Teaching the test, for good or ill

With schools’ rankings dependent in part on test scores, there comes the risk that too much time will be spent focusing on test preparation, letting other important topics slide.

Sandra Stotsky is a member of the advisory board for Pioneer Institute’s Center for School Reform and former senior associate commissioner of the Massachusetts Department of Education. She said that, with educators calling for extended learning time, it does not make sense to shorten instruction time by using it for test prep.

“I don’t see much value in spending a lot classroom instructional time in preparing kids to take [Common Core-based] tests, because kids in Boston, like anywhere else, need more instruction time,” Stotksy said. She believes little test preparation is needed with the current MCAS, but that the MCAS 2 requires a burdensome amount because it is computer-based.

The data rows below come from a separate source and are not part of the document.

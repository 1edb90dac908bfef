-- ===== src/ResultStore/Stored.antt =====
-- `GetStoredResult` and the methods that it calls: the annotations of a pod.
-- The parameter `marshal` is `json.Marshal` at the types that the store gives it.
use semvi_btp.Common.{
  String, Option, none, some, List, [], ◌∷◌, Run, returns, ◌>>=◌, Try, ok, err, if◌then◌else◌,
}
use semvi_btp.Common.GoMap.{GoMap, nil_map, made, get, has, put, entries}
use Prim.Native.String.{◌++◌}
use semvi_btp.ResultStore.Annotation
use semvi_btp.ResultStore.Defs.{Key, Result, Store, new_key}

-- What the store marshals.
pub data Payload : Type 0 where
  texts : GoMap String → Payload
  text_lists : GoMap (List String) → Payload
  nested : GoMap (GoMap String) → Payload

-- if m == nil { m = map[...]...{} }
abbrev pub made_if_nil {ℓ} : {V : Type ℓ} → GoMap V → GoMap V
made_if_nil nil_map = made []
made_if_nil (made m) = made m

-- The annotations so far, the pod's result, and the error if there is one.
abbrev pub Filled : Type 0
Filled = GoMap String × Result × Option String

abbrev pub Fill : Type 0
Fill = GoMap String → Result → Run Filled

abbrev pub unless_failed : Fill → Filled → Run Filled
unless_failed g (anno, r, none) = g anno r
unless_failed g (anno, r, some e) = returns (anno, r, some e)

-- if err := f(); err != nil { return err }; g()
infixr 6 ◌then_fill◌
abbrev pub ◌then_fill◌ : Fill → Fill → Fill
◌then_fill◌ f g anno r = f anno r >>= unless_failed g

-- The rest of an `add...ToMap` method after `json.Marshal`.
abbrev pub write_marshalled :
    String → String → GoMap String → Result → Try String String → Run Filled
write_marshalled key message anno r (err e) = returns (anno, r, some (message ++ e))
write_marshalled key message anno r (ok text) = do a ← put anno key text; returns (a, r, none)

abbrev pub put_absent : String → String → GoMap String → Run (GoMap String)
put_absent key text anno = if has anno key then returns anno else put anno key text

-- The loop of `addCustomResultsToMap`.
unfoldable pub add_customs : List (String × String) → GoMap String → Run (GoMap String)
add_customs [] anno = returns anno
add_customs ((key, text) ∷ rest) anno = do a ← put_absent key text anno; add_customs rest a

unfoldable pub add_custom_results_to_map : Fill
unfolding add_customs
add_custom_results_to_map anno r = do
  a ← add_customs (entries r.custom_results) anno
  returns (a, r, none)

unfoldable pub add_selected_node_to_pod : Fill
add_selected_node_to_pod anno r = do
  a ← put_absent Annotation.selected_node_key r.selected_node anno
  returns (a, r, none)

module _ (marshal : Payload → Try String String) where
  -- The methods' common shape: nothing if the key is there; else the field, made if it was nil, is
  -- marshalled and written.
  unfoldable pub fill_json : String → String → (Result → Result) → (Result → Payload) → Fill
  fill_json key message make_field payload anno r =
      if has anno key
      then returns (anno, r, none)
      else let there = make_field r in
        write_marshalled key message anno there (marshal (payload there))

  unfoldable pub add_pre_filter_result_to_map : Fill
  add_pre_filter_result_to_map =
      fill_json Annotation.pre_filter_key "encode json to record preFilter result: "
        (λ r. record r { pre_filter_result = made_if_nil r.pre_filter_result })
        (λ r. text_lists r.pre_filter_result)
      then_fill fill_json Annotation.pre_filter_status_key
          "encode json to record preFilter status: "
          (λ r. record r { pre_filter_status = made_if_nil r.pre_filter_status })
          (λ r. texts r.pre_filter_status)

  unfoldable pub add_pre_score_result_to_map : Fill
  add_pre_score_result_to_map =
      fill_json Annotation.pre_score_key "encode json to record preScore status: "
        (λ r. record r { pre_score = made_if_nil r.pre_score }) (λ r. texts r.pre_score)

  unfoldable pub add_bind_result_to_map : Fill
  add_bind_result_to_map =
      fill_json Annotation.bind_key "encode json to record bind status: "
        (λ r. record r { bind = made_if_nil r.bind }) (λ r. texts r.bind)

  unfoldable pub add_pre_bind_result_to_map : Fill
  add_pre_bind_result_to_map =
      fill_json Annotation.pre_bind_key "encode json to record preBind status: "
        (λ r. record r { prebind = made_if_nil r.prebind }) (λ r. texts r.prebind)

  unfoldable pub add_reserve_result_to_map : Fill
  add_reserve_result_to_map =
      fill_json Annotation.reserve_key "encode json to record reserve status: "
        (λ r. record r { reserve = made_if_nil r.reserve }) (λ r. texts r.reserve)

  unfoldable pub add_permit_result_to_map : Fill
  add_permit_result_to_map =
      fill_json Annotation.permit_timeout_key "encode json to record permit timeout: "
        (λ r. record r { permit_timeout = made_if_nil r.permit_timeout })
        (λ r. texts r.permit_timeout)
      then_fill fill_json Annotation.permit_status_key "encode json to record permit status: "
          (λ r. record r { permit = made_if_nil r.permit }) (λ r. texts r.permit)

  unfoldable pub add_filter_result_to_map : Fill
  add_filter_result_to_map =
      fill_json Annotation.filter_key "encode json to record filter status: "
        (λ r. record r { filter = made_if_nil r.filter }) (λ r. nested r.filter)

  unfoldable pub add_post_filter_result_to_map : Fill
  add_post_filter_result_to_map =
      fill_json Annotation.post_filter_key "encode json to record post filter results: "
        (λ r. record r { post_filter = made_if_nil r.post_filter }) (λ r. nested r.post_filter)

  unfoldable pub add_score_result_to_map : Fill
  add_score_result_to_map =
      fill_json Annotation.score_key "encode json to record scores: "
        (λ r. record r { score = made_if_nil r.score }) (λ r. nested r.score)

  unfoldable pub add_final_score_result_to_map : Fill
  add_final_score_result_to_map =
      fill_json Annotation.final_score_key "encode json to record scores: "
        (λ r. record r { final_score = made_if_nil r.final_score }) (λ r. nested r.final_score)

  -- The body of `GetStoredResult` for a pod that has a result.
  unfoldable pub fill_all : Fill
  unfolding fill_json add_pre_filter_result_to_map add_filter_result_to_map
      add_post_filter_result_to_map add_pre_score_result_to_map add_score_result_to_map
      add_final_score_result_to_map add_reserve_result_to_map add_permit_result_to_map
      add_pre_bind_result_to_map add_bind_result_to_map add_custom_results_to_map
      add_selected_node_to_pod
  fill_all =
      add_pre_filter_result_to_map then_fill add_filter_result_to_map
      then_fill add_post_filter_result_to_map then_fill add_pre_score_result_to_map
      then_fill add_score_result_to_map then_fill add_final_score_result_to_map
      then_fill add_reserve_result_to_map then_fill add_permit_result_to_map
      then_fill add_pre_bind_result_to_map then_fill add_bind_result_to_map
      then_fill add_custom_results_to_map then_fill add_selected_node_to_pod

  -- An error is logged, and the annotations are dropped.
  abbrev pub stored_of : Key → Store → Filled → Run (GoMap String × Store)
  stored_of k s (anno, r, none) = do m ← put s.results k r; returns (anno, record s { results = m })
  stored_of k s (anno, r, some e) = do
    m ← put s.results k r
    returns (nil_map, record s { results = m })

  abbrev pub stored : Key → Store → Option Result → Run (GoMap String × Store)
  stored k s none = returns (nil_map, s)
  stored k s (some r) = fill_all (made []) r >>= stored_of k s

  -- The annotations of a pod, nil if there are none; the store is as its methods leave it.
  unfoldable pub get_stored_result : String → String → Store → Run (GoMap String × Store)
  unfolding fill_all
  get_stored_result namespace name s =
      let k = new_key namespace name in stored k s (get s.results k)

In a Nov. 2015 letter to the Board of Elementary and Secondary Education, Commissioner Mitchell Chester wrote that the solution to losing time to test prep is to create a test where the way to prepare for it is by providing high-quality education. He said that the computer skills required by the forthcoming MCAS 2 mean that students learn technical abilities they will need after high school.

“The computer-based setting mirrors the digital world that is ubiquitous in students’ current and future lives,” Chester wrote.

Curriculum mismatch

Joseph and McSorely said that in some schools, the standardized tests and curriculum do not match up well. McSorley said local teachers should not be obliged to change their classes to follow what distant test-companies decided that students need to know.

“Someone who doesn’t even set foot in your classroom decides what you should be learning,” he said. “Our teachers should be the ones who decide if we pass with a final, not a test that may not fit our curriculum.”

Members of both sides of the issue have said that teachers must not limit themselves to what is on the test, as no exam can capture all skills needed for life.